═════ Entries shown ═════

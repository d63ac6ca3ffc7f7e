-- ===== src/Parse/Tests.antt =====
-- A camera's descriptors: a selector unit, and a streaming interface with one MJPEG format.
use mathlib.Core.Path.{subst}
use tcluvc.Prelude.{
  ℕ, zero, suc, ◌≡◌, ◌≢◌, refl, ap, inl, Option, some, List, [], ◌∷◌, replicate, arith, done, stuck,
}
use tcluvc.Prelude.Int.{pos}
use tcluvc.Bytes.{byte_at, int_to_dw, short_to_sw}
use tcluvc.Descriptors.{FrameDesc, FormatDesc, DeviceInfo}
use tcluvc.Usb.Config.{AltSetting}
use tcluvc.Parse.Scan.{scan}
use tcluvc.Parse.Scan.Laws.{HasProgress, next_block, rest_short}
use tcluvc.Parse.Streaming.{parse_vs, new_interface, scan_streaming}
use tcluvc.Parse.Streaming.Encode.{
  Payload, mjpeg, encode_interface, encode_formats, encode_frames, encode_others, words, OtherBlock,
  colour_matching, InputHeader, IsHeader, formats_of, AllFormats, no_formats, format_then,
  no_frames, frame_then, no_words, word_then,
}
use tcluvc.Parse.Streaming.RoundTrip.Interface.{scan_streaming-encode_interface}
use tcluvc.Parse.Streaming.Hang.{scan-IsSkipped}
use tcluvc.Parse.Control.{scan_control, find_control, parse_vc, parse_vc_selector_unit}
use tcluvc.Parse.Termination.{NoEmptyBlock, scan_control-NoEmptyBlock}

abbrev vga : FrameDesc
vga = record {
  subtype = 7;
  frame_index = 1;
  capabilities = 0;
  width = 640;
  height = 480;
  min_bit_rate = 1000000;
  max_bit_rate = 90000000;
  max_video_frame_buffer_size = 614400;
  default_frame_interval = 333333;
  min_frame_interval = 0;
  max_frame_interval = 0;
  frame_interval_step = 0;
  frame_interval_type = 2;
  bytes_per_line = 0;
  intervals = some (333333 ∷ 666666 ∷ []);
}

abbrev mjpeg_format : FormatDesc
mjpeg_format = record {
  subtype = 6;
  format_index = 1;
  num_frame_descriptors = 0;
  guid = 0x4d ∷ 0x4a ∷ 0x50 ∷ 0x47 ∷ replicate 12 0;
  bits_per_pixel = 0;
  default_frame_index = 1;
  aspect_ratio_x = 4;
  aspect_ratio_y = 3;
  interlace_flags = 0;
  copy_protect = 0;
  variable_size = 0;
  frame_descs = vga ∷ [];
}

abbrev formats : List (Payload × FormatDesc × List OtherBlock)
formats = (mjpeg 1, mjpeg_format, colour_matching (1 ∷ 1 ∷ 4 ∷ []) ∷ []) ∷ []

-- One control byte for the one format.
abbrev header : InputHeader
header = record {
  address = 0x81;
  info = 0;
  terminal = 3;
  still_capture = 0;
  trigger_support = 0;
  trigger_usage = 0;
  control_size = 1;
  controls = 4 ∷ [];
}

abbrev setting : ℕ → ℕ → List ℕ → AltSetting
setting number subclass extra = record {
  interface_number = number;
  alternate_setting = 0;
  interface_class = 14;
  interface_subclass = subclass;
  endpoints = [];
  extra = extra;
}

abbrev camera : List (List AltSetting)
camera =
    (setting 0 1 (4 ∷ 36 ∷ 4 ∷ 9 ∷ []) ∷ [])
    ∷ (setting 1 2 (encode_interface header formats) ∷ [])
    ∷ []

header_fits : IsHeader header formats
unfolding encode_interface encode_formats encode_frames encode_others words int_to_dw short_to_sw
header_fits = record { for_each_format = refl; one_byte = omega arith; two_bytes = omega arith }

formats_fit : AllFormats formats
formats_fit =
    format_then
      (record {
        subtype = refl;
        payload = (refl, refl, refl, refl);
        frames =
            frame_then
              (record {
                subtype = refl;
                width = omega arith;
                height = omega arith;
                min_bit_rate = omega arith;
                max_bit_rate = omega arith;
                buffer_size = omega arith;
                default_interval = omega arith;
                bytes_per_line = omega arith;
                unused = refl;
                intervals = (
                  refl,
                  omega arith,
                  refl,
                  refl,
                  refl,
                  word_then (omega arith) (word_then (omega arith) no_words),
                );
              })
              no_frames;
      })
      no_formats

scan_streaming-encode_interface_example :
    scan_streaming camera 1
    ≡ done (
      pos 0,
      record {
        interface_number = 1;
        endpoint_address = 0x81;
        terminal_link = 3;
        format_descs = mjpeg_format ∷ [];
      },
    )
unfolding formats_of
scan_streaming-encode_interface_example =
    scan_streaming-encode_interface camera 1 header _ [] formats refl refl header_fits refl
      formats_fit

-- A camera with a selector unit only.
abbrev selector_camera : List (List AltSetting)
selector_camera = (setting 0 1 (4 ∷ 36 ∷ 4 ∷ 9 ∷ []) ∷ []) ∷ []

abbrev first_extra : Option (List AltSetting) → List ℕ
first_extra (some (alt ∷ alts)) = alt.extra
first_extra _ = []

selector_progress : NoEmptyBlock selector_camera
unfolding byte_at
selector_progress zero alt alts e =
    subst HasProgress (ap first_extra e)
      (next_block (omega arith) (omega arith) (rest_short (omega arith)))
selector_progress (suc i) alt alts e = absurd (ground (arith, e))

abbrev no_info : DeviceInfo
no_info = record {
  ctrl_if = record {
    input_terms = [];
    selector_units = [];
    processing_units = [];
    extension_units = [];
    bcd_uvc = 0;
    clock_frequency = 0;
    endpoint_address = 0;
    interface_number = 0;
  };
  stream_ifs = [];
}

scan_control-NoEmptyBlock_example : scan_control selector_camera 0x046d 0x0825 no_info ≢ stuck
scan_control-NoEmptyBlock_example =
    scan_control-NoEmptyBlock selector_camera 0x046d 0x0825 no_info selector_progress

-- Padding behind the last block of an interface.
scan-IsSkipped_example : scan parse_vs 1000 (new_interface 1) (0 ∷ 0 ∷ 0 ∷ []) ≡ stuck
unfolding byte_at
scan-IsSkipped_example =
    scan-IsSkipped 1000 (new_interface 1) (0 ∷ 0 ∷ 0 ∷ []) refl (inl refl) (omega arith)

-- The selector unit is found.
unit_found :
    scan_control selector_camera 0x046d 0x0825 no_info
    ≡ done (
      pos 0,
      record no_info {
        ctrl_if = record no_info.ctrl_if { selector_units = record { unit_id = 9 } ∷ [] };
      },
    )
unfolding scan_control find_control parse_vc parse_vc_selector_unit scan byte_at
unit_found = refl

═════

- What to produce:
Output the data in full, exactly as it stands.

- Written answer:
repository d63ac6ca3ffc7f7e
-- ===== src/Parse/Tests.antt =====
-- A camera's descriptors: a selector unit, and a streaming interface with one MJPEG format.
use mathlib.Core.Path.{subst}
use tcluvc.Prelude.{
  ℕ, zero, suc, ◌≡◌, ◌≢◌, refl, ap, inl, Option, some, List, [], ◌∷◌, replicate, arith, done, stuck,
}
use tcluvc.Prelude.Int.{pos}
use tcluvc.Bytes.{byte_at, int_to_dw, short_to_sw}
use tcluvc.Descriptors.{FrameDesc, FormatDesc, DeviceInfo}
use tcluvc.Usb.Config.{AltSetting}
use tcluvc.Parse.Scan.{scan}
use tcluvc.Parse.Scan.Laws.{HasProgress, next_block, rest_short}
use tcluvc.Parse.Streaming.{parse_vs, new_interface, scan_streaming}
use tcluvc.Parse.Streaming.Encode.{
  Payload, mjpeg, encode_interface, encode_formats, encode_frames, encode_others, words, OtherBlock,
  colour_matching, InputHeader, IsHeader, formats_of, AllFormats, no_formats, format_then,
  no_frames, frame_then, no_words, word_then,
}
use tcluvc.Parse.Streaming.RoundTrip.Interface.{scan_streaming-encode_interface}
use tcluvc.Parse.Streaming.Hang.{scan-IsSkipped}
use tcluvc.Parse.Control.{scan_control, find_control, parse_vc, parse_vc_selector_unit}
use tcluvc.Parse.Termination.{NoEmptyBlock, scan_control-NoEmptyBlock}

abbrev vga : FrameDesc
vga = record {
  subtype = 7;
  frame_index = 1;
  capabilities = 0;
  width = 640;
  height = 480;
  min_bit_rate = 1000000;
  max_bit_rate = 90000000;
  max_video_frame_buffer_size = 614400;
  default_frame_interval = 333333;
  min_frame_interval = 0;
  max_frame_interval = 0;
  frame_interval_step = 0;
  frame_interval_type = 2;
  bytes_per_line = 0;
  intervals = some (333333 ∷ 666666 ∷ []);
}

abbrev mjpeg_format : FormatDesc
mjpeg_format = record {
  subtype = 6;
  format_index = 1;
  num_frame_descriptors = 0;
  guid = 0x4d ∷ 0x4a ∷ 0x50 ∷ 0x47 ∷ replicate 12 0;
  bits_per_pixel = 0;
  default_frame_index = 1;
  aspect_ratio_x = 4;
  aspect_ratio_y = 3;
  interlace_flags = 0;
  copy_protect = 0;
  variable_size = 0;
  frame_descs = vga ∷ [];
}

abbrev formats : List (Payload × FormatDesc × List OtherBlock)
formats = (mjpeg 1, mjpeg_format, colour_matching (1 ∷ 1 ∷ 4 ∷ []) ∷ []) ∷ []

-- One control byte for the one format.
abbrev header : InputHeader
header = record {
  address = 0x81;
  info = 0;
  terminal = 3;
  still_capture = 0;
  trigger_support = 0;
  trigger_usage = 0;
  control_size = 1;
  controls = 4 ∷ [];
}

abbrev setting : ℕ → ℕ → List ℕ → AltSetting
setting number subclass extra = record {
  interface_number = number;
  alternate_setting = 0;
  interface_class = 14;
  interface_subclass = subclass;
  endpoints = [];
  extra = extra;
}

abbrev camera : List (List AltSetting)
camera =
    (setting 0 1 (4 ∷ 36 ∷ 4 ∷ 9 ∷ []) ∷ [])
    ∷ (setting 1 2 (encode_interface header formats) ∷ [])
    ∷ []

header_fits : IsHeader header formats
unfolding encode_interface encode_formats encode_frames encode_others words int_to_dw short_to_sw
header_fits = record { for_each_format = refl; one_byte = omega arith; two_bytes = omega arith }

formats_fit : AllFormats formats
formats_fit =
    format_then
      (record {
        subtype = refl;
        payload = (refl, refl, refl, refl);
        frames =
            frame_then
              (record {
                subtype = refl;
                width = omega arith;
                height = omega arith;
                min_bit_rate = omega arith;
                max_bit_rate = omega arith;
                buffer_size = omega arith;
                default_interval = omega arith;
                bytes_per_line = omega arith;
                unused = refl;
                intervals = (
                  refl,
                  omega arith,
                  refl,
                  refl,
                  refl,
                  word_then (omega arith) (word_then (omega arith) no_words),
                );
              })
              no_frames;
      })
      no_formats

scan_streaming-encode_interface_example :
    scan_streaming camera 1
    ≡ done (
      pos 0,
      record {
        interface_number = 1;
        endpoint_address = 0x81;
        terminal_link = 3;
        format_descs = mjpeg_format ∷ [];
      },
    )
unfolding formats_of
scan_streaming-encode_interface_example =
    scan_streaming-encode_interface camera 1 header _ [] formats refl refl header_fits refl
      formats_fit

-- A camera with a selector unit only.
abbrev selector_camera : List (List AltSetting)
selector_camera = (setting 0 1 (4 ∷ 36 ∷ 4 ∷ 9 ∷ []) ∷ []) ∷ []

abbrev first_extra : Option (List AltSetting) → List ℕ
first_extra (some (alt ∷ alts)) = alt.extra
first_extra _ = []

selector_progress : NoEmptyBlock selector_camera
unfolding byte_at
selector_progress zero alt alts e =
    subst HasProgress (ap first_extra e)
      (next_block (omega arith) (omega arith) (rest_short (omega arith)))
selector_progress (suc i) alt alts e = absurd (ground (arith, e))

abbrev no_info : DeviceInfo
no_info = record {
  ctrl_if = record {
    input_terms = [];
    selector_units = [];
    processing_units = [];
    extension_units = [];
    bcd_uvc = 0;
    clock_frequency = 0;
    endpoint_address = 0;
    interface_number = 0;
  };
  stream_ifs = [];
}

scan_control-NoEmptyBlock_example : scan_control selector_camera 0x046d 0x0825 no_info ≢ stuck
scan_control-NoEmptyBlock_example =
    scan_control-NoEmptyBlock selector_camera 0x046d 0x0825 no_info selector_progress

-- Padding behind the last block of an interface.
scan-IsSkipped_example : scan parse_vs 1000 (new_interface 1) (0 ∷ 0 ∷ 0 ∷ []) ≡ stuck
unfolding byte_at
scan-IsSkipped_example =
    scan-IsSkipped 1000 (new_interface 1) (0 ∷ 0 ∷ 0 ∷ []) refl (inl refl) (omega arith)

-- The selector unit is found.
unit_found :
    scan_control selector_camera 0x046d 0x0825 no_info
    ≡ done (
      pos 0,
      record no_info {
        ctrl_if = record no_info.ctrl_if { selector_units = record { unit_id = 9 } ∷ [] };
      },
    )
unfolding scan_control find_control parse_vc parse_vc_selector_unit scan byte_at
unit_found = refl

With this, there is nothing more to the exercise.